*DATA EXCERPTS:*
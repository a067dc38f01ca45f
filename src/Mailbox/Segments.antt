-- ===== src/Mailbox/Segments.antt =====
-- What a write to one segment of the file leaves of the others.
use csi_sanlock_lvm.Base.{
  ℕ, ◌+◌, ◌-◌, ◌*◌, ◌^◌, drop-append, ◌≤◌, ◌<◌, ◌≡◌, refl, sym, ap, ◌∙◌, Bytes, bytes_eq, take,
  drop, length, true, ok, arith, le→leb, replicate, length-replicate, ◌++◌,
}
use csi_sanlock_lvm.Base.Int.{pos}
use csi_sanlock_lvm.Mailbox.Device.{
  read_at, overwrite, put_uint32, uint32, uint32-put_uint32, length-put_uint32, length-overwrite,
  length-drop, overwrite-front, drop-overwrite, drop-overwrite_after, take-overwrite_before,
  take-append,
}
use csi_sanlock_lvm.Mailbox.Header.{Sizes, magic_header, parse_header, find_header, read_header}
use csi_sanlock_lvm.Mailbox.Torn.{read_at-fits}
use csi_sanlock_lvm.Mailbox.Messages.{Codec, read_chunk, read_message, padded}

-- A read of bytes that a write does not touch.
pub read_at-before :
    (file : Bytes) (offset n i : ℕ) (buf : Bytes)
    → offset + n ≤ i
    → read_at (overwrite file i buf) offset n ≡ read_at file offset n
unfolding read_at
read_at-before file offset n i buf h =
    let same : take n (drop offset (overwrite file i buf)) ≡ take n (drop offset file) =
      ap (take n) (drop-overwrite file offset i buf (omega arith))
      ∙ take-overwrite_before (drop offset file) n (i - offset) buf (omega arith) in
    rw (read_at, length-overwrite file i buf, same) refl

pub read_at-after :
    (file : Bytes) (offset n i : ℕ) (buf : Bytes)
    → i + length buf ≤ offset
    → read_at (overwrite file i buf) offset n ≡ read_at file offset n
unfolding read_at
read_at-after file offset n i buf h =
    rw (read_at, length-overwrite file i buf, drop-overwrite_after file offset i buf h) refl

-- And of the bytes that it wrote.
pub read_at-overwrite :
    (file : Bytes) (i : ℕ) (buf : Bytes)
    → i + length buf ≤ length file
    → read_at (overwrite file i buf) i (length buf) ≡ ok buf
read_at-overwrite file i buf fits =
    read_at-fits (overwrite file i buf) i (length buf) (omega (arith, length-overwrite file i buf))
    ∙ ap (λ s. ok (take (length buf) s))
        (drop-overwrite file i i buf (omega arith)
          ∙ ap (λ k. overwrite (drop i file) k buf) (omega arith)
          ∙ overwrite-front (drop i file) buf (omega (arith, length-drop i file)))
    ∙ ap ok (take-append buf _)

module _ (directio_block_size : ℕ) where
  -- The first block has a header with these sizes.
  pub record HasHeader (sizes : Sizes) (file : Bytes) : Type 0 where
    pub fits : directio_block_size ≤ length file
    pub magic : bytes_eq (take 16 (take directio_block_size file)) magic_header ≡ true
    pub parses : parse_header directio_block_size (take directio_block_size file) ≡ ok sizes

  pub HasHeader-overwrite :
      (sizes : Sizes) (file : Bytes) (i : ℕ) (buf : Bytes)
      → directio_block_size ≤ i
      → HasHeader sizes file
      → HasHeader sizes (overwrite file i buf)
  HasHeader-overwrite sizes file i buf h header =
      let same = take-overwrite_before file directio_block_size i buf h in
      record {
        fits = omega (arith, length-overwrite file i buf, header.fits);
        magic = ap (λ block. bytes_eq (take 16 block) magic_header) same ∙ header.magic;
        parses = ap (parse_header directio_block_size) same ∙ header.parses;
      }

  pub read_header-HasHeader :
      (sizes : Sizes) (file : Bytes)
      → HasHeader sizes file
      → read_header directio_block_size file ≡ (ok sizes, file)
  unfolding read_header find_header
  read_header-HasHeader sizes file header =
      rw
        (
          read_header,
          find_header,
          read_at-fits file 0 directio_block_size (omega (arith, header.fits)),
          header.magic,
          header.parses,
        )
        refl

padded-parts :
    (b : ℕ) (buf : Bytes)
    → 4 + length buf ≤ b
    → (rest : Bytes) × (padded b buf ≡ put_uint32 (length buf) ++ (buf ++ rest))
unfolding put_uint32 overwrite
padded-parts b buf short =
    let blank : Bytes = drop 4 (replicate b 0) in
    (
      drop (length buf) blank,
      ap (λ s. overwrite s 4 buf)
            (overwrite-front (replicate b 0) (put_uint32 (length buf))
              (omega (arith, length-replicate {A = ℕ} b 0)))
          ∙ ap (λ s. put_uint32 (length buf) ++ s)
              (overwrite-front blank buf
                (omega (arith, length-drop 4 (replicate b 0), length-replicate {A = ℕ} b 0))),
    )

pub length-padded : (b : ℕ) (buf : Bytes) → length (padded b buf) ≡ b
length-padded b buf =
    length-overwrite (overwrite (replicate b 0) 0 (put_uint32 (length buf))) 4 buf
    ∙ length-overwrite (replicate b 0) 0 (put_uint32 (length buf))
    ∙ length-replicate b 0

-- A message that fits its block is read back from it.
pub read_message-padded :
    (directio_block_size : ℕ) (codec : Codec) (local_id b addr : ℕ) (buf file : Bytes)
    → 4 + length buf ≤ b
    → length buf < 2 ^ 32
    → read_at file (addr * b) b ≡ ok (padded b buf)
    → read_message directio_block_size codec local_id b (pos addr) file ≡ ok buf
unfolding read_message read_chunk
read_message-padded directio_block_size codec local_id b addr buf file short small stored =
    let (rest, e) = padded-parts b buf short in
    let len : uint32 (padded b buf) ≡ length buf =
      ap uint32 e ∙ uint32-put_uint32 (length buf) (buf ++ rest) small in
    let body : drop 4 (padded b buf) ≡ buf ++ rest =
      ap (drop 4) e
      ∙ ap (λ n. drop n (put_uint32 (length buf) ++ (buf ++ rest)))
          (sym (length-put_uint32 (length buf)))
      ∙ drop-append (put_uint32 (length buf)) (buf ++ rest) in
    rw
      (
        read_message,
        stored,
        len,
        length-padded b buf,
        le→leb (length buf) (b - 4) (omega arith),
        body,
        take-append buf rest,
      )
      refl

*PROBLEM REQUIREMENTS:*
Give the material above back in full, exactly as written.

*ANSWER TO THIS TASK:*
repository a067dc38f01ca45f
filename src/Mailbox/Segments.antt
-- ===== src/Mailbox/Segments.antt =====
-- What a write to one segment of the file leaves of the others.
use csi_sanlock_lvm.Base.{
  ℕ, ◌+◌, ◌-◌, ◌*◌, ◌^◌, drop-append, ◌≤◌, ◌<◌, ◌≡◌, refl, sym, ap, ◌∙◌, Bytes, bytes_eq, take,
  drop, length, true, ok, arith, le→leb, replicate, length-replicate, ◌++◌,
}
use csi_sanlock_lvm.Base.Int.{pos}
use csi_sanlock_lvm.Mailbox.Device.{
  read_at, overwrite, put_uint32, uint32, uint32-put_uint32, length-put_uint32, length-overwrite,
  length-drop, overwrite-front, drop-overwrite, drop-overwrite_after, take-overwrite_before,
  take-append,
}
use csi_sanlock_lvm.Mailbox.Header.{Sizes, magic_header, parse_header, find_header, read_header}
use csi_sanlock_lvm.Mailbox.Torn.{read_at-fits}
use csi_sanlock_lvm.Mailbox.Messages.{Codec, read_chunk, read_message, padded}

-- A read of bytes that a write does not touch.
pub read_at-before :
    (file : Bytes) (offset n i : ℕ) (buf : Bytes)
    → offset + n ≤ i
    → read_at (overwrite file i buf) offset n ≡ read_at file offset n
unfolding read_at
read_at-before file offset n i buf h =
    let same : take n (drop offset (overwrite file i buf)) ≡ take n (drop offset file) =
      ap (take n) (drop-overwrite file offset i buf (omega arith))
      ∙ take-overwrite_before (drop offset file) n (i - offset) buf (omega arith) in
    rw (read_at, length-overwrite file i buf, same) refl

pub read_at-after :
    (file : Bytes) (offset n i : ℕ) (buf : Bytes)
    → i + length buf ≤ offset
    → read_at (overwrite file i buf) offset n ≡ read_at file offset n
unfolding read_at
read_at-after file offset n i buf h =
    rw (read_at, length-overwrite file i buf, drop-overwrite_after file offset i buf h) refl

-- And of the bytes that it wrote.
pub read_at-overwrite :
    (file : Bytes) (i : ℕ) (buf : Bytes)
    → i + length buf ≤ length file
    → read_at (overwrite file i buf) i (length buf) ≡ ok buf
read_at-overwrite file i buf fits =
    read_at-fits (overwrite file i buf) i (length buf) (omega (arith, length-overwrite file i buf))
    ∙ ap (λ s. ok (take (length buf) s))
        (drop-overwrite file i i buf (omega arith)
          ∙ ap (λ k. overwrite (drop i file) k buf) (omega arith)
          ∙ overwrite-front (drop i file) buf (omega (arith, length-drop i file)))
    ∙ ap ok (take-append buf _)

module _ (directio_block_size : ℕ) where
  -- The first block has a header with these sizes.
  pub record HasHeader (sizes : Sizes) (file : Bytes) : Type 0 where
    pub fits : directio_block_size ≤ length file
    pub magic : bytes_eq (take 16 (take directio_block_size file)) magic_header ≡ true
    pub parses : parse_header directio_block_size (take directio_block_size file) ≡ ok sizes

  pub HasHeader-overwrite :
      (sizes : Sizes) (file : Bytes) (i : ℕ) (buf : Bytes)
      → directio_block_size ≤ i
      → HasHeader sizes file
      → HasHeader sizes (overwrite file i buf)
  HasHeader-overwrite sizes file i buf h header =
      let same = take-overwrite_before file directio_block_size i buf h in
      record {
        fits = omega (arith, length-overwrite file i buf, header.fits);
        magic = ap (λ block. bytes_eq (take 16 block) magic_header) same ∙ header.magic;
        parses = ap (parse_header directio_block_size) same ∙ header.parses;
      }

  pub read_header-HasHeader :
      (sizes : Sizes) (file : Bytes)
      → HasHeader sizes file
      → read_header directio_block_size file ≡ (ok sizes, file)
  unfolding read_header find_header
  read_header-HasHeader sizes file header =
      rw
        (
          read_header,
          find_header,
          read_at-fits file 0 directio_block_size (omega (arith, header.fits)),
          header.magic,
          header.parses,
        )
        refl

padded-parts :
    (b : ℕ) (buf : Bytes)
    → 4 + length buf ≤ b
    → (rest : Bytes) × (padded b buf ≡ put_uint32 (length buf) ++ (buf ++ rest))
unfolding put_uint32 overwrite
padded-parts b buf short =
    let blank : Bytes = drop 4 (replicate b 0) in
    (
      drop (length buf) blank,
      ap (λ s. overwrite s 4 buf)
            (overwrite-front (replicate b 0) (put_uint32 (length buf))
              (omega (arith, length-replicate {A = ℕ} b 0)))
          ∙ ap (λ s. put_uint32 (length buf) ++ s)
              (overwrite-front blank buf
                (omega (arith, length-drop 4 (replicate b 0), length-replicate {A = ℕ} b 0))),
    )

pub length-padded : (b : ℕ) (buf : Bytes) → length (padded b buf) ≡ b
length-padded b buf =
    length-overwrite (overwrite (replicate b 0) 0 (put_uint32 (length buf))) 4 buf
    ∙ length-overwrite (replicate b 0) 0 (put_uint32 (length buf))
    ∙ length-replicate b 0

-- A message that fits its block is read back from it.
pub read_message-padded :
    (directio_block_size : ℕ) (codec : Codec) (local_id b addr : ℕ) (buf file : Bytes)
    → 4 + length buf ≤ b
    → length buf < 2 ^ 32
    → read_at file (addr * b) b ≡ ok (padded b buf)
    → read_message directio_block_size codec local_id b (pos addr) file ≡ ok buf
unfolding read_message read_chunk
read_message-padded directio_block_size codec local_id b addr buf file short small stored =
    let (rest, e) = padded-parts b buf short in
    let len : uint32 (padded b buf) ≡ length buf =
      ap uint32 e ∙ uint32-put_uint32 (length buf) (buf ++ rest) small in
    let body : drop 4 (padded b buf) ≡ buf ++ rest =
      ap (drop 4) e
      ∙ ap (λ n. drop n (put_uint32 (length buf) ++ (buf ++ rest)))
          (sym (length-put_uint32 (length buf)))
      ∙ drop-append (put_uint32 (length buf)) (buf ++ rest) in
    rw
      (
        read_message,
        stored,
        len,
        length-padded b buf,
        le→leb (length buf) (b - 4) (omega arith),
        body,
        take-append buf rest,
      )
      refl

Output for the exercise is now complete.